◆ Entries provided
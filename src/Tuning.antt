-- ===== src/Tuning.antt =====
-- The overrides of client-go's limits: envInt and envFloat32 of cmd/scam/main.go, with
-- strconv.Atoi on a 64-bit platform. strconv.ParseFloat is a parameter.
mod Decimal
mod Overrides
mod Tests
use scam.Base.{
  ℕ, ◌+◌, ◌-◌, ◌*◌, ◌%◌, ◌&&◌, Option, none, some, Bool, List, [], ◌∷◌, Text, codes, leb, ltb,
  if◌then◌else◌, text_eq, nat_eq, ◌==◌,
}
use scam.Base.Duration.{word, half_word, signed_leb}
use scam.Capture.Trim.{trim_space}
use scam.Emit.{Attr, Log, text, number, report}

unfoldable pub digits_from : ℕ → Text → Option ℕ
digits_from n [] = some n
digits_from n (b ∷ s) =
    let more = digits_from (n * 10 + (b - b'0')) s in
    if leb b'0' b && leb b b'9' then more else none

abbrev pub digits : Text → Option ℕ
digits [] = none
digits (b ∷ s) = digits_from 0 (b ∷ s)

abbrev pub non_negative : Option ℕ → Option ℕ
non_negative none = none
non_negative (some m) = if ltb m half_word then some m else none

abbrev pub negative : Option ℕ → Option ℕ
negative none = none
negative (some m) = if leb m half_word then some ((word - m) % word) else none

-- strconv.Atoi: the pattern of an int64, no value for a syntax error or a number out of range.
unfoldable pub atoi : Text → Option ℕ
atoi [] = none
atoi (b ∷ s) =
    if b == b'-'
    then negative (digits s)
    else if b == b'+'
    then non_negative (digits s)
    else non_negative (digits (b ∷ s))

abbrev pub override_warning : (name raw : Text) → Attr → Log → Log
override_warning name raw def l =
    report (codes "invalid env override, using default")
      ((codes "name", text name) ∷ (codes "value", text raw) ∷ (codes "default", def) ∷ []) l

abbrev pub positive_or :
    {A : Type 0} → (A → Bool) → A → (A → Attr) → (name raw : Text) → Option A → Log → A × Log
positive_or at_most_zero def shown name raw none l = (def, override_warning name raw (shown def) l)
positive_or at_most_zero def shown name raw (some v) l =
    if at_most_zero v then (def, override_warning name raw (shown def) l) else (v, l)

-- `env` is the variable's value.
unfoldable pub env_int : (name env : Text) → (def : ℕ) → Log → ℕ × Log
env_int name env def l =
    let raw = trim_space env in
    if raw == []
    then (def, l)
    else positive_or (λ v. signed_leb v 0) def number name raw (atoi raw) l

-- What the code does with 32-bit floating point numbers.
pub record Floats : Type 1 where
  pub Float32 : Type 0
  pub parse_float : Text → Option Float32
  pub at_most_zero : Float32 → Bool
  pub shown : Float32 → Attr

unfoldable pub env_float32 : (x : Floats) → (name env : Text) → x.Float32 → Log → x.Float32 × Log
env_float32 x name env def l =
    let raw = trim_space env in
    if raw == []
    then (def, l)
    else positive_or x.at_most_zero def x.shown name raw (x.parse_float raw) l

◆ What is expected
Your output should be the lines from the one with "digits_from n (b" through the last line of the entries above, copied exactly and nothing more.

◆ Exercise answer
digits_from n (b ∷ s) =
    let more = digits_from (n * 10 + (b - b'0')) s in
    if leb b'0' b && leb b b'9' then more else none

abbrev pub digits : Text → Option ℕ
digits [] = none
digits (b ∷ s) = digits_from 0 (b ∷ s)

abbrev pub non_negative : Option ℕ → Option ℕ
non_negative none = none
non_negative (some m) = if ltb m half_word then some m else none

abbrev pub negative : Option ℕ → Option ℕ
negative none = none
negative (some m) = if leb m half_word then some ((word - m) % word) else none

-- strconv.Atoi: the pattern of an int64, no value for a syntax error or a number out of range.
unfoldable pub atoi : Text → Option ℕ
atoi [] = none
atoi (b ∷ s) =
    if b == b'-'
    then negative (digits s)
    else if b == b'+'
    then non_negative (digits s)
    else non_negative (digits (b ∷ s))

abbrev pub override_warning : (name raw : Text) → Attr → Log → Log
override_warning name raw def l =
    report (codes "invalid env override, using default")
      ((codes "name", text name) ∷ (codes "value", text raw) ∷ (codes "default", def) ∷ []) l

abbrev pub positive_or :
    {A : Type 0} → (A → Bool) → A → (A → Attr) → (name raw : Text) → Option A → Log → A × Log
positive_or at_most_zero def shown name raw none l = (def, override_warning name raw (shown def) l)
positive_or at_most_zero def shown name raw (some v) l =
    if at_most_zero v then (def, override_warning name raw (shown def) l) else (v, l)

-- `env` is the variable's value.
unfoldable pub env_int : (name env : Text) → (def : ℕ) → Log → ℕ × Log
env_int name env def l =
    let raw = trim_space env in
    if raw == []
    then (def, l)
    else positive_or (λ v. signed_leb v 0) def number name raw (atoi raw) l

-- What the code does with 32-bit floating point numbers.
pub record Floats : Type 1 where
  pub Float32 : Type 0
  pub parse_float : Text → Option Float32
  pub at_most_zero : Float32 → Bool
  pub shown : Float32 → Attr

unfoldable pub env_float32 : (x : Floats) → (name env : Text) → x.Float32 → Log → x.Float32 × Log
env_float32 x name env def l =
    let raw = trim_space env in
    if raw == []
    then (def, l)
    else positive_or x.at_most_zero def x.shown name raw (x.parse_float raw) l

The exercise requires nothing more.